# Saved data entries
---------------
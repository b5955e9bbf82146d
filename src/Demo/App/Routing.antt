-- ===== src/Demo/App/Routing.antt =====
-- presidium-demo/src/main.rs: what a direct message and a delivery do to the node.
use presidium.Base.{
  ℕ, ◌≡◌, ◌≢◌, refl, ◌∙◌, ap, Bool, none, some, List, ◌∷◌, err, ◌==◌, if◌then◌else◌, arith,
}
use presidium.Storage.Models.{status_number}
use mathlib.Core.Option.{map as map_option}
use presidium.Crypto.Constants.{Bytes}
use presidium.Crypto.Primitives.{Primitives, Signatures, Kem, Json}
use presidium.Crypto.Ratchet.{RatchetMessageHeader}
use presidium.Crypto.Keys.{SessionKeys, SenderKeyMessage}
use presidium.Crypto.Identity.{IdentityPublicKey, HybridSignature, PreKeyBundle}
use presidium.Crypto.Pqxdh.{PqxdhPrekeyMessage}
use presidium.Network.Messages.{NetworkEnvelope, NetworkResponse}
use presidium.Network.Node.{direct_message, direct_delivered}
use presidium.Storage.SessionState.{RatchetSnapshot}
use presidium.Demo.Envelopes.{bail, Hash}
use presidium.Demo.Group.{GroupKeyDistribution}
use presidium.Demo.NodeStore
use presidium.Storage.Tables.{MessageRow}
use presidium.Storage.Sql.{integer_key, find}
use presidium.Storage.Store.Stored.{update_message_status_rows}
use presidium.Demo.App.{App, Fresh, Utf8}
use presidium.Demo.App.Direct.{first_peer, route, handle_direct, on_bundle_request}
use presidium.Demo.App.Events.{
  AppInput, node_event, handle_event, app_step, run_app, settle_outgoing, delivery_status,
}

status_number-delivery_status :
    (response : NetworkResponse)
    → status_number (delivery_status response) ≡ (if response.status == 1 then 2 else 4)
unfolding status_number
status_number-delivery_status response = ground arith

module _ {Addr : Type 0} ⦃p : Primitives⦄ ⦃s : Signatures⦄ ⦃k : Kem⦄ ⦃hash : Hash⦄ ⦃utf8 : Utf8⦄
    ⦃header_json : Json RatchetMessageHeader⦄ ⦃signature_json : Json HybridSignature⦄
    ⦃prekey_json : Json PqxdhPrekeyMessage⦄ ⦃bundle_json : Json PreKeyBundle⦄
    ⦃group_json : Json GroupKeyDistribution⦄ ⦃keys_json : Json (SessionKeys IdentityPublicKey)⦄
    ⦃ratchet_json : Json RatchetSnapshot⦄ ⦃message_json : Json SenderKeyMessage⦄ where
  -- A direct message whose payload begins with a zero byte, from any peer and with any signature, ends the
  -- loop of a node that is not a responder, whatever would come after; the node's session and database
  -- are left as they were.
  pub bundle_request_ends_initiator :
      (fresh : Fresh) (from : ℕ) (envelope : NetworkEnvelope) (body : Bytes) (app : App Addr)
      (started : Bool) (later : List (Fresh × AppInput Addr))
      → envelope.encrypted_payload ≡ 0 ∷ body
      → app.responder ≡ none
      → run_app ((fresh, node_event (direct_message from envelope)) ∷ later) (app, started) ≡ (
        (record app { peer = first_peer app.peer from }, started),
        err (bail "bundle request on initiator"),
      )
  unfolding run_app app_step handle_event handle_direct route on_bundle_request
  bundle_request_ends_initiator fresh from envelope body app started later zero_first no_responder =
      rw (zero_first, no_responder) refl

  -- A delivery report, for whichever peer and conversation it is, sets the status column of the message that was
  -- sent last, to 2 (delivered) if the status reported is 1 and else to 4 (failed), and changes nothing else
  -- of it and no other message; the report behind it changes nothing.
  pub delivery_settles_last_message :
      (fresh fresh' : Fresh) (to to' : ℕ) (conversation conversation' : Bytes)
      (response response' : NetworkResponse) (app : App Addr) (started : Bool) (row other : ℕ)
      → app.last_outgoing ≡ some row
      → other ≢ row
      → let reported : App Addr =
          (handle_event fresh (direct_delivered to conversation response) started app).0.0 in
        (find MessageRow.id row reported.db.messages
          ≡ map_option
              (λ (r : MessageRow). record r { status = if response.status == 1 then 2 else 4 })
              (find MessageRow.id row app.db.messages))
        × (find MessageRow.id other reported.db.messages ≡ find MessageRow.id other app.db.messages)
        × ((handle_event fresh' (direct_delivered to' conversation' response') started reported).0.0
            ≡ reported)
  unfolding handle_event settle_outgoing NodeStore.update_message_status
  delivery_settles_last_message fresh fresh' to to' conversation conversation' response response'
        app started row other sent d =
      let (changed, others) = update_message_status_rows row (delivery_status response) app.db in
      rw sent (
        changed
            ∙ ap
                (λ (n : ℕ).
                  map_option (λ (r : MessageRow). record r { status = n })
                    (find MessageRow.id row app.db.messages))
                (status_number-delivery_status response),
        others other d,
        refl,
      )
---------------
# YOUR OBJECTIVE
Wherever the string "sent" appears in a line above, copy that line.

# FINISHED EXERCISE
  -- sent last, to 2 (delivered) if the status reported is 1 and else to 4 (failed), and changes nothing else
        app started row other sent d =
      rw sent (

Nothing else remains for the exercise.